Description of the task — In the data that follows, find each line containing "unfolding" and copy it.

Records shown —

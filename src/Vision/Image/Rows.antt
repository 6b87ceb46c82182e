-- ===== src/Vision/Image/Rows.antt =====
-- image.rs: which layouts are accepted, and that every row of an accepted image is there.
use native.Mathlib.Nat.{mul-le-mul_right}
use easycon_sdk.Common.{
  ℕ, zero, suc, ◌+◌, ◌*◌, ◌^◌, ◌≤◌, ◌<◌, ◌≡◌, ◌↔◌, refl, some, List, [], ◌∷◌, length, take, drop,
  length-take, length-drop, All, arith,
}
use easycon_sdk.Vision.{ok_image}
use easycon_sdk.Vision.Image.{channels, VisionLimits, Image, new_image, row, rows_from, rows}

-- An image inside the limits whose buffer holds all its rows.
pub record IsLaidOut (image : Image) (limits : VisionLimits) : Type 0 where
  pub some_width : 1 ≤ image.width
  pub some_height : 1 ≤ image.height
  pub width_limit : image.width ≤ limits.max_width
  pub height_limit : image.height ≤ limits.max_height
  pub pixel_limit : image.width * image.height ≤ limits.max_pixels
  pub stride_limit : image.stride ≤ limits.max_stride
  pub byte_limit : length image.pixels ≤ limits.max_decoded_bytes
  pub row_fits : image.width * channels image.format ≤ image.stride
  pub rows_fit : image.stride * image.height ≤ length image.pixels

-- With limits and a buffer of 64 bits `Image::new` accepts exactly the layouts that fit the limits and the
-- buffer, none is lost to an overflow.
pub new_image_iff :
    (image : Image) (limits : VisionLimits)
    → limits.max_pixels < 2 ^ 64
    → limits.max_decoded_bytes < 2 ^ 64
    → limits.max_stride < 2 ^ 64
    → (new_image image.pixels image.width image.height image.stride image.format limits
        ≡ ok_image image)
      ↔ IsLaidOut image limits
unfolding new_image
new_image_iff image limits hp hd hs = (λ h. ground arith, λ v. ground arith)

row_end :
    (image : Image) (limits : VisionLimits) (index : ℕ)
    → IsLaidOut image limits
    → index < image.height
    → index * image.stride + image.width * channels image.format ≤ length image.pixels
row_end image limits index v h =
    let above : (index + 1) * image.stride ≤ image.height * image.stride =
      mul-le-mul_right image.stride (omega (arith, h)) in
    let v1 = v.row_fits in let v2 = v.rows_fit in grind arith

-- Every row of an accepted image below its height is there: it is the bytes at the row's place, as many
-- as its pixels take.
pub row-IsLaidOut :
    (image : Image) (limits : VisionLimits) (index : ℕ)
    → IsLaidOut image limits
    → limits.max_decoded_bytes < 2 ^ 64
    → index < image.height
    → (bytes : List ℕ) × (row image index ≡ some bytes)
      × (length bytes ≡ image.width * channels image.format)
unfolding row
row-IsLaidOut image limits index v hd h =
    let fits = row_end image limits index v h in
    let small = v.byte_limit in
    let row_bytes = image.width * channels image.format in
    let start = index * image.stride in
    let bytes = take row_bytes (drop start image.pixels) in
    (
      bytes,
      ground arith,
      omega (
        arith,
        fits,
        length-take row_bytes (drop start image.pixels),
        length-drop start image.pixels,
      ),
    )

-- The rows of an accepted image never panic: there are as many as its height, each of its width.
pub rows-IsLaidOut :
    (image : Image) (limits : VisionLimits)
    → IsLaidOut image limits
    → limits.max_decoded_bytes < 2 ^ 64
    → (all : List (List ℕ)) × (rows image ≡ some all)
      × (length all ≡ image.height)
      × All (λ bytes. length bytes ≡ image.width * channels image.format) all
unfolding rows
rows-IsLaidOut image limits v hd = from 0 image.height (omega arith)
  where
    from :
        (index count : ℕ)
        → index + count ≤ image.height
        → (all : List (List ℕ)) × (rows_from image index count ≡ some all)
          × (length all ≡ count)
          × All (λ bytes. length bytes ≡ image.width * channels image.format) all
    from index zero h = unfold rows_from in ([], refl, refl, tt)
    from index (suc count) h =
        let (bytes, there, wide) = row-IsLaidOut image limits index v hd (omega (arith, h)) in
        let (rest, later, many, all_wide) = from (index + 1) count (omega (arith, h)) in
        unfold rows_from in
        (bytes ∷ rest, rw (there, later) refl, omega (arith, many), (wide, all_wide))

Output —
unfolding new_image
unfolding row
unfolding rows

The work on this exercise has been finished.